§ DATA PROVIDED:

⟨

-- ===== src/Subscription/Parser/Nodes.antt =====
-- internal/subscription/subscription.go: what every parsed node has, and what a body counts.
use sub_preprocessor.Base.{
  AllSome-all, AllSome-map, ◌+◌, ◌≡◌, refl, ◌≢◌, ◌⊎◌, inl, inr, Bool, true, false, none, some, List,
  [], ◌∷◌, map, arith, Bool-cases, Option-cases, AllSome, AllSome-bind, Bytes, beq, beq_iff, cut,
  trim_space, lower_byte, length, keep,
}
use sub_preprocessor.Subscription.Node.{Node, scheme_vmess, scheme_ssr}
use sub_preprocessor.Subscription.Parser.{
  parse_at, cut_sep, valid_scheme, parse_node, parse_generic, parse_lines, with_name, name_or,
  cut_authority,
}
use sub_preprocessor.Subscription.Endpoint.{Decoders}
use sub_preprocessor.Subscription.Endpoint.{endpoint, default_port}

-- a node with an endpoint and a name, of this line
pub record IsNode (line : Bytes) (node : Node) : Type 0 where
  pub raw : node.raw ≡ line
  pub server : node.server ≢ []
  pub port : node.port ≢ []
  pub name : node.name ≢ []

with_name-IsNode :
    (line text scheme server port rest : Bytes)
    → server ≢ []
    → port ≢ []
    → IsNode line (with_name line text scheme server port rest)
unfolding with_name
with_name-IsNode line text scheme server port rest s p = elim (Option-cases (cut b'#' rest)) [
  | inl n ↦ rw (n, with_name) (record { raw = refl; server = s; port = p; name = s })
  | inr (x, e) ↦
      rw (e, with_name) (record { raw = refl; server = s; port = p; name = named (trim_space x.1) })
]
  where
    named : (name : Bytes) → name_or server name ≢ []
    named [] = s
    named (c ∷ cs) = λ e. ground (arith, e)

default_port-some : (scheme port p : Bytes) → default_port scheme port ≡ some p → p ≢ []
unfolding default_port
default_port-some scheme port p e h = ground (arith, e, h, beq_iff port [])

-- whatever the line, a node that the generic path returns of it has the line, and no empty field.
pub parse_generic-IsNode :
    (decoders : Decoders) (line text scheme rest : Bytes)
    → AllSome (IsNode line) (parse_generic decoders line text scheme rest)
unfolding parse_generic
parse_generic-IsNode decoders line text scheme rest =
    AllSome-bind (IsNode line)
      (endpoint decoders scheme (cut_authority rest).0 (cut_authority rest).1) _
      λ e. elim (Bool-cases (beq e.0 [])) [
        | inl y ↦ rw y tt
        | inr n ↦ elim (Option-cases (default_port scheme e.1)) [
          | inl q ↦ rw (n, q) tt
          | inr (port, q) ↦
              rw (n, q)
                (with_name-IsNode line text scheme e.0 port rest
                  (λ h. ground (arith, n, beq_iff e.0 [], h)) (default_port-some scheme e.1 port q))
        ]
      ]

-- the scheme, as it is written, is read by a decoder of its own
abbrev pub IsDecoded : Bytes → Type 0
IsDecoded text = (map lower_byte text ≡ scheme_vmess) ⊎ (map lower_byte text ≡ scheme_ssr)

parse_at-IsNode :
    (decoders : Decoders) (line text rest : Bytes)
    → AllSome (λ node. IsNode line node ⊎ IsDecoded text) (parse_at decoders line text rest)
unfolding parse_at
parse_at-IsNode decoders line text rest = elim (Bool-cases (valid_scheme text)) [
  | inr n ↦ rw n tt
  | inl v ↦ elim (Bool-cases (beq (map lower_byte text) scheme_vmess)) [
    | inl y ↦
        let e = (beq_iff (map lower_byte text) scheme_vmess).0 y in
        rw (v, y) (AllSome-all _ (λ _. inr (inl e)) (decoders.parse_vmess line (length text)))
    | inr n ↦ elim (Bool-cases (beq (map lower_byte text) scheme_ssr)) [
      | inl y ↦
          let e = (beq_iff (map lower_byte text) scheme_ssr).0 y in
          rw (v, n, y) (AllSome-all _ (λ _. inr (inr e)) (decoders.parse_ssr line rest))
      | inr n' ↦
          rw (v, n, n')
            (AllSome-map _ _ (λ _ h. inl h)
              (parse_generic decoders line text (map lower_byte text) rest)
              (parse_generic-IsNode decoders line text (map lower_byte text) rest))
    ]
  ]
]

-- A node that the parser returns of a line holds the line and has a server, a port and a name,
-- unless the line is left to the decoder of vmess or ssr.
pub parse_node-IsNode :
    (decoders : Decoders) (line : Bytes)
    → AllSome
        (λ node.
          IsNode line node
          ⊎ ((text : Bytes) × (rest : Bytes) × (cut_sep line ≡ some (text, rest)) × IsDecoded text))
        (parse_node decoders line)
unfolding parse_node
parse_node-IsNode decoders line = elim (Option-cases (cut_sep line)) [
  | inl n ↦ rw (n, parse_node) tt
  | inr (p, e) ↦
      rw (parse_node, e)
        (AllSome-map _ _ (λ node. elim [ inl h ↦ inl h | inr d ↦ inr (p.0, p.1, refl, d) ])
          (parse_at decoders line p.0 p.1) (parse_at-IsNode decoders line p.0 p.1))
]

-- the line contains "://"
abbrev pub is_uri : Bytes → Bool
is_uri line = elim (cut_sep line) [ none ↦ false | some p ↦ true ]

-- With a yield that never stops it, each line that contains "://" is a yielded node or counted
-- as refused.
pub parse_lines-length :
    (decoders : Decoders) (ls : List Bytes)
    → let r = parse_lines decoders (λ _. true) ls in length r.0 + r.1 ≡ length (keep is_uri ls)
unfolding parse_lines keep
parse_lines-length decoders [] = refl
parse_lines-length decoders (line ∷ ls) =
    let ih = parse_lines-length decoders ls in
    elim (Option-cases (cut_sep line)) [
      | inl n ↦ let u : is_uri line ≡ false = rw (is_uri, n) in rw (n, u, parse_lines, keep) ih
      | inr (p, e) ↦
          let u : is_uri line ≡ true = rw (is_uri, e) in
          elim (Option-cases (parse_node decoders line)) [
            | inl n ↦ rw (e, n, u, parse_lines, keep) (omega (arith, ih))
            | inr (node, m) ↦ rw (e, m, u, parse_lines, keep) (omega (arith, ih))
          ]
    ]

⟩
⟨

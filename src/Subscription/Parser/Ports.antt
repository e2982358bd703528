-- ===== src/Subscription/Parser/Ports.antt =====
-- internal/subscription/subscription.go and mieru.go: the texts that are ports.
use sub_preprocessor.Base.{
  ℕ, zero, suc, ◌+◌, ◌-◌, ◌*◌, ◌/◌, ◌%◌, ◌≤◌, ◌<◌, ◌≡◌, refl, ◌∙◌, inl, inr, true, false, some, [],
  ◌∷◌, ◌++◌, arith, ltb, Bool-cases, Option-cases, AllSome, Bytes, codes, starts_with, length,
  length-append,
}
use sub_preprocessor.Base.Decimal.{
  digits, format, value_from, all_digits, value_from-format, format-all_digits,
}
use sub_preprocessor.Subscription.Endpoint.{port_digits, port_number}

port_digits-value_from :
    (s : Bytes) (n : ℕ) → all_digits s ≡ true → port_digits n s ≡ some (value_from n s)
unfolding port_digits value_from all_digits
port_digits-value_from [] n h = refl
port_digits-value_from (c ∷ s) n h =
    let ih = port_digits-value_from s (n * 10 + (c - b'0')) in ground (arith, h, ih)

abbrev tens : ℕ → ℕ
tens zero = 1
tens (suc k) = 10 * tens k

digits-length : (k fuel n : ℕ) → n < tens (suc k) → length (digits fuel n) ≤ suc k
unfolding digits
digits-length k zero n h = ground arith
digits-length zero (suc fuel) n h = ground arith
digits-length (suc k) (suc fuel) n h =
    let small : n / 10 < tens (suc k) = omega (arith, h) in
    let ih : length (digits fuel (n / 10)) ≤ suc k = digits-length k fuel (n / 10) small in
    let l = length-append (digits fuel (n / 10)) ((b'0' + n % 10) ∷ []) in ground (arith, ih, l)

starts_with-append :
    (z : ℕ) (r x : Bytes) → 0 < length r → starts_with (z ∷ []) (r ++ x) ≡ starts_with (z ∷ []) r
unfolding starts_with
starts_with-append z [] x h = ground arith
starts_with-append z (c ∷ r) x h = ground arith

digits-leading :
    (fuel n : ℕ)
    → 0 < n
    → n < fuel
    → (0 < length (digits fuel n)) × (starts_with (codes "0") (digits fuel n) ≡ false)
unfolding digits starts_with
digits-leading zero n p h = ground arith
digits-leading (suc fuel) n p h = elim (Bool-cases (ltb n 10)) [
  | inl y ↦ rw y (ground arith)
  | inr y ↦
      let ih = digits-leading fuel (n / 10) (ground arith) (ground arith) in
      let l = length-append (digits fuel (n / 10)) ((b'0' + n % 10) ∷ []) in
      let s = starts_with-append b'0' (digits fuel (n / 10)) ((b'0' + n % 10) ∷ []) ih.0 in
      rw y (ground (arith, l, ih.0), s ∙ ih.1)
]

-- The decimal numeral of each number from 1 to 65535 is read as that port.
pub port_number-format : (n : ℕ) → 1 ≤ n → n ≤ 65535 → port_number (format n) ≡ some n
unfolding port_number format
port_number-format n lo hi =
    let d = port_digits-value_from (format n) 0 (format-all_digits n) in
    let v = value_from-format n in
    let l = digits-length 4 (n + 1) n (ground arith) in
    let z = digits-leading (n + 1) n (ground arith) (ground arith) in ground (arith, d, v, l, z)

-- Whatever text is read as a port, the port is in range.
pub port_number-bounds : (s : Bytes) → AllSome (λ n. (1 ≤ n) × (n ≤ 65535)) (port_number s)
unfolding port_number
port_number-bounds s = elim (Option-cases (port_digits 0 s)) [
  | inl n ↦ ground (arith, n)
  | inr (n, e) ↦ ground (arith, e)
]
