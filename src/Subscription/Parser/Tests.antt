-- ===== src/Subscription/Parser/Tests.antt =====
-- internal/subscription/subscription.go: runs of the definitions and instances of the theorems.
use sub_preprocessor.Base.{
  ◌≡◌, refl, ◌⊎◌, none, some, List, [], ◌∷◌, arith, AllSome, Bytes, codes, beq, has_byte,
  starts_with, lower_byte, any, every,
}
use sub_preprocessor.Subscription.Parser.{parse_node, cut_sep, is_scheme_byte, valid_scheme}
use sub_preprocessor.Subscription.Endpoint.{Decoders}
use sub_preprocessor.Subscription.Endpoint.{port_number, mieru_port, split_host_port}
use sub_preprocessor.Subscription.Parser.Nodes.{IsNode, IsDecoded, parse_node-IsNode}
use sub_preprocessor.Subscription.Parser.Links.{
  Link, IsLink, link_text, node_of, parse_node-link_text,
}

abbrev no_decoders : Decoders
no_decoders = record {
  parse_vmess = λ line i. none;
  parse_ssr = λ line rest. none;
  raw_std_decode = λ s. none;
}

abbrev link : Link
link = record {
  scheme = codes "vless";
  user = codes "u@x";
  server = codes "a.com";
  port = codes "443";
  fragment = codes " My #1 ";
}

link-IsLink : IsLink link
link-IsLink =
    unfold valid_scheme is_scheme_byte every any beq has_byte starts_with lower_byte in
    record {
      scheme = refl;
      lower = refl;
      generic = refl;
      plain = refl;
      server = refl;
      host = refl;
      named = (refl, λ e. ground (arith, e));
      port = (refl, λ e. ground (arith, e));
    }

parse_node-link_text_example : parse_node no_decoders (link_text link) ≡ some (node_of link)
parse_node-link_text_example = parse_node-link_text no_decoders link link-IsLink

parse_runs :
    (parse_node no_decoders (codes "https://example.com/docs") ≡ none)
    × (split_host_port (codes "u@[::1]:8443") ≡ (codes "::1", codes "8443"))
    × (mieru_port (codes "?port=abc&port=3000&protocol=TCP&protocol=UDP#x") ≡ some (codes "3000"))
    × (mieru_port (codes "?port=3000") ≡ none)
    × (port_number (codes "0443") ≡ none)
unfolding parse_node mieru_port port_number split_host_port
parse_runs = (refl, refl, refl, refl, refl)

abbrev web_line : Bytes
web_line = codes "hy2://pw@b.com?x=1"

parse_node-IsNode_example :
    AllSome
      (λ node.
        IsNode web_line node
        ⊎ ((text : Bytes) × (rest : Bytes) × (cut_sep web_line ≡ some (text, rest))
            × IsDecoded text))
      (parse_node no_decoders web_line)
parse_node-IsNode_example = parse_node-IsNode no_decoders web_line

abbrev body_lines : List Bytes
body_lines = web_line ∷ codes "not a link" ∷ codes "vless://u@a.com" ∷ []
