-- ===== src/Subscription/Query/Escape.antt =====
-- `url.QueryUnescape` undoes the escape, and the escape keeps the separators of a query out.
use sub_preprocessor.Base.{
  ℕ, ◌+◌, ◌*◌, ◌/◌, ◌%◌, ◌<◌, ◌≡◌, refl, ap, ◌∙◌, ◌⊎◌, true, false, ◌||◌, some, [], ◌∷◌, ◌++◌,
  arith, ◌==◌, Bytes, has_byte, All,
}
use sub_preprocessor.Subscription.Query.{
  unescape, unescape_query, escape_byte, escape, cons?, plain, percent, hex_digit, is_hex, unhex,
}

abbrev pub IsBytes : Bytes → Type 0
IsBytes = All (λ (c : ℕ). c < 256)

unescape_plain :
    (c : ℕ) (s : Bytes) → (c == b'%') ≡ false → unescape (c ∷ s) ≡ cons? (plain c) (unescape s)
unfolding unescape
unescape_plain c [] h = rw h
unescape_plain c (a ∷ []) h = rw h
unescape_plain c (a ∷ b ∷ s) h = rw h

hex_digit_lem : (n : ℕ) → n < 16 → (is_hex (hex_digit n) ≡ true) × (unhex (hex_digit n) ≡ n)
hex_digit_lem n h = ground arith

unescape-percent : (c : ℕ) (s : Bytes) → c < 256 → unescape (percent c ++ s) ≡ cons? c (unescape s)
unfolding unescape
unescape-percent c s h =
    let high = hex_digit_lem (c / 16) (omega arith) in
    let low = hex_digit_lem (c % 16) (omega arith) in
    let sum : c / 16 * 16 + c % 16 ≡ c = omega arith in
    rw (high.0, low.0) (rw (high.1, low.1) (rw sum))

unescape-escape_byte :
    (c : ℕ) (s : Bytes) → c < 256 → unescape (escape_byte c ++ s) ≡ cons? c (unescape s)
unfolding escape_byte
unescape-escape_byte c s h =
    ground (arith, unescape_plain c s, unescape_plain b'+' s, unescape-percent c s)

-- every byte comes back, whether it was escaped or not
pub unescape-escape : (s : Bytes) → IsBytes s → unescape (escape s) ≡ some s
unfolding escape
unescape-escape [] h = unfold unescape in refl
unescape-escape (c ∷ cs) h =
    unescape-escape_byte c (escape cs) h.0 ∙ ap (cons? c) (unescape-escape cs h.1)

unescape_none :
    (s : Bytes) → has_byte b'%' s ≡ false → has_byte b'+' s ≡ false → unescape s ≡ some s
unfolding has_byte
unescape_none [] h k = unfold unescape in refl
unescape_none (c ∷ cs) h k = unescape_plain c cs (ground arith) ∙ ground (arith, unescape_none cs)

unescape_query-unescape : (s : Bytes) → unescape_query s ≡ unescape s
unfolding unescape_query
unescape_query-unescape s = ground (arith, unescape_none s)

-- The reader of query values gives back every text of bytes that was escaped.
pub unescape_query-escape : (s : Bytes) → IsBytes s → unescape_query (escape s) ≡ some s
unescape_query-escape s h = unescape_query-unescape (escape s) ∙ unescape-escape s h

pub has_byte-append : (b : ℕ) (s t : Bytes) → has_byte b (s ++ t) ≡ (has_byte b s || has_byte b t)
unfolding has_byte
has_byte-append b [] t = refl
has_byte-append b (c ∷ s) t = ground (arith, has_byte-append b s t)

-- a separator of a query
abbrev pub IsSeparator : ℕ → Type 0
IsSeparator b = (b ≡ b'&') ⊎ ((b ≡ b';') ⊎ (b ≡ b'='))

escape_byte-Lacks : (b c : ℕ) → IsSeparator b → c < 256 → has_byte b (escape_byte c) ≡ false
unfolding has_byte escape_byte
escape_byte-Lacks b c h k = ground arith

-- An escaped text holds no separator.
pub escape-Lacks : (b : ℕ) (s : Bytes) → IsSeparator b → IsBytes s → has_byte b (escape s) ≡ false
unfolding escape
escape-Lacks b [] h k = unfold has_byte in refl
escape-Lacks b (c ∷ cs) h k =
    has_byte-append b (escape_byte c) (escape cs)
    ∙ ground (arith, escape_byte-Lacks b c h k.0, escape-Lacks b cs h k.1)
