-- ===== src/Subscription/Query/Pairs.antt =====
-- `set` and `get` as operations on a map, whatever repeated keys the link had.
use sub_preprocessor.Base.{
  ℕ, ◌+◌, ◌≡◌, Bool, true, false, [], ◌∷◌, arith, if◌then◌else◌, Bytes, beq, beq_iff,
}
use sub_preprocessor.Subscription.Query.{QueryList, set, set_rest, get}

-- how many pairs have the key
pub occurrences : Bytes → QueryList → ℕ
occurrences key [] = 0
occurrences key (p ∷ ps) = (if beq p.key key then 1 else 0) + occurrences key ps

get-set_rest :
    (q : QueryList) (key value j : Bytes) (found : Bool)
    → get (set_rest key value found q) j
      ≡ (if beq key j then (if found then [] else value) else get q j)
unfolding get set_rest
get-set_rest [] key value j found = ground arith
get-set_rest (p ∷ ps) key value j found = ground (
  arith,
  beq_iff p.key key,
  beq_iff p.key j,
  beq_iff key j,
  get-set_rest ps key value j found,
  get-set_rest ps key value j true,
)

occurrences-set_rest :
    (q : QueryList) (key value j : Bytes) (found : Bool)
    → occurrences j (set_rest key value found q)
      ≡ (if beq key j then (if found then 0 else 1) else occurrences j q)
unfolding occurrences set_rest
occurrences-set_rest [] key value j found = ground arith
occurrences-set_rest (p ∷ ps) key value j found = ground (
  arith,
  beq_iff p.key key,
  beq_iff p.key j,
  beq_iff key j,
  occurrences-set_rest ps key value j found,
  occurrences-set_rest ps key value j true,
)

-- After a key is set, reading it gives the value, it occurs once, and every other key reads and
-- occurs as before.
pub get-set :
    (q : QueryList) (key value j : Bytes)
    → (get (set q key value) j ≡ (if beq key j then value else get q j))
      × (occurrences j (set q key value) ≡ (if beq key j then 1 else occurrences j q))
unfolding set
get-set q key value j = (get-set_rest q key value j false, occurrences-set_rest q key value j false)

⟩

§ TASK OBJECTIVE:
Output exactly one stretch of the listing: from the line containing "(arith, ih, l)" through the line containing "n) ≡ false)", both end lines included.

§ RESULT BELOW:
    let l = length-append (digits fuel (n / 10)) ((b'0' + n % 10) ∷ []) in ground (arith, ih, l)

starts_with-append :
    (z : ℕ) (r x : Bytes) → 0 < length r → starts_with (z ∷ []) (r ++ x) ≡ starts_with (z ∷ []) r
unfolding starts_with
starts_with-append z [] x h = ground arith
starts_with-append z (c ∷ r) x h = ground arith

digits-leading :
    (fuel n : ℕ)
    → 0 < n
    → n < fuel
    → (0 < length (digits fuel n)) × (starts_with (codes "0") (digits fuel n) ≡ false)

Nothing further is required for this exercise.